One of the changed circumstances that does not undo an initial determination of jurisdiction is the dismissal of claims. We have applied this principle before when the original jurisdiction in a removed case flowed from complete preemption. Hook v. Morrison Milling Co., 38 F.3d 776, 779–80 (5th Cir. 1994). In Hook, we explained that the plaintiff’s post-removal dismissal of a wrongful discharge claim that the district court had found to be preempted by ERISA ‘does not divest the district court of its properly triggered subject matter jurisdiction.’ The sole jurisdictional question is thus whether the Copyright Act preempted any of the claims pending at the time of the removal.
(Opinion pdf pages 15 – 16).
In this case, GlobeRanger dismissed its conversion claim after the case was remanded to district court following the first appeal. A conversion claim is a state law claim that punishes taking or copying.
A finding that a claim is completely preempted at the time of removal supports federal jurisdiction even if the claim is later dismissed.
Consistent with that well-established principle as well as GlobeRanger I’s holding that removal jurisdiction existed, we read that opinion’s language about a later jurisdictional determination as contemplating only that the conversion claim might not have ended up being governed by federal copyright law. Contrary to Software AG’s central premise, GlobeRanger I did not say that the district court had to make a renewed jurisdictional finding on remand. Instead, it gave GlobeRanger the option of proving that its claim relates to physical property contrary to the panel’s understanding of the claim. It made sense to not give Software AG that opportunity, as at that time only GlobeRanger had any interest in disproving GlobeRanger I’s finding of preemption based on the pleadings. Recall that the parties’ positions have switched—in this case’s first visit to our court, GlobeRanger was arguing against preemption so it could go back to state court; Software AG was arguing for it so the case could stay in what was then its preferred federal forum.
If GlobeRanger had accepted that invitation and produced evidence to show that its conversion claim related only to physical property so as not to be preempted, then GlobeRanger I was recognizing it could ultimately pursue that claim under state law. In that case, the copyright claim that was read into the pleading via complete preemption would have gone away. That situation would be no different than one in which a federal claim fails at the Rule 12(b)(6) stage, is found to lack evidentiary support at the summary judgment stage, or is voluntarily dismissed as actually happened in this case. In any of those scenarios, the court no longer has federal question jurisdiction over any pending claim, but the presence of the federal claim at the outset of the case supports supplemental jurisdiction over the remaining state claims.
That is what happened here.
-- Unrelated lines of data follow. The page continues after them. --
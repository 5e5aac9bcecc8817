-- ===== src/Dt/Ring/Tests.antt =====
-- The theorems about rings at concrete inputs.
use fun.Prelude.{ℕ, zero, suc, ◌≡◌, List, [], ◌∷◌, some, arith}
use mathlib.Core.List.{reverse}
use fun.Dt.Ring.{Ring, setup, write, pop, fifo, lifo, head}
use fun.Dt.Ring.Holds.{Holds, push_lem}
use fun.Dt.Ring.Pop.{ring_pop_lem}
use fun.Dt.Ring.Iterate.{ring_iterators_lem}
use fun.Dt.Ring.Run.{
  Call, push_call, pop_call, len_call, fifo_call, unused, made, made-Holds, run, model_run,
  ring_run_refines,
}

-- A ring of two slots after three pushes, the last of which overwrote the first.
abbrev wrapped : Ring ℕ
wrapped = write (write (write (made 0 2) 5) 7) 9

wrapped-Holds : Holds 0 wrapped (7 ∷ 9 ∷ [])
unfolding write made
wrapped-Holds =
    let one = push_lem 0 (made 0 2) [] 5 (made-Holds 0 2 (omega arith) (omega arith)) in
    let two = push_lem 0 (write (made 0 2) 5) (5 ∷ []) 7 one.1 in
    (push_lem 0 (write (write (made 0 2) 5) 7) (5 ∷ 7 ∷ []) 9 two.1).1

ring_iterators_lem_run :
    (fifo 0 wrapped ≡ some (7 ∷ 9 ∷ [])) × (lifo 0 wrapped ≡ some (reverse (7 ∷ 9 ∷ [])))
ring_iterators_lem_run = ring_iterators_lem 0 wrapped (7 ∷ 9 ∷ []) wrapped-Holds

ring_pop_lem_example :
    (r' : Ring ℕ) × (pop 0 wrapped ≡ some (some 7, r'))
    × Holds 0 r' (9 ∷ [])
    × (r'.size ≡ wrapped.size)
    × (head 0 r' ≡ some 0)
ring_pop_lem_example = ring_pop_lem 0 wrapped 7 (9 ∷ []) wrapped-Holds

abbrev calls : List (Call ℕ)
calls = push_call 5 ∷ push_call 7 ∷ push_call 9 ∷ fifo_call ∷ pop_call ∷ len_call ∷ []

ring_run_refines_example :
    (r : Ring ℕ) × (setup 0 (unused 0) 2 ≡ some r) × (run 0 r calls ≡ some (model_run 2 [] calls))
ring_run_refines_example = ring_run_refines 0 2 calls (omega arith) (omega arith)

-- So many times the same value.
copies : ℕ → ℕ → List ℕ
copies zero v = []
copies (suc n) v = v ∷ copies n v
As the complaint alleged only conversion of intangible property for which there is equivalency between the rights protected under that state tort and federal copyright law, complete preemption converted the conversion claim into one brought under the Copyright Act that supported federal question jurisdiction at the time of removal and supplemental jurisdiction after it was dismissed.
(Opinion pdf pages 18 – 20).
This case is GlobeRanger Corporation v. Software AG, No. 15-10121, Fifth Circuit Court of Appeals.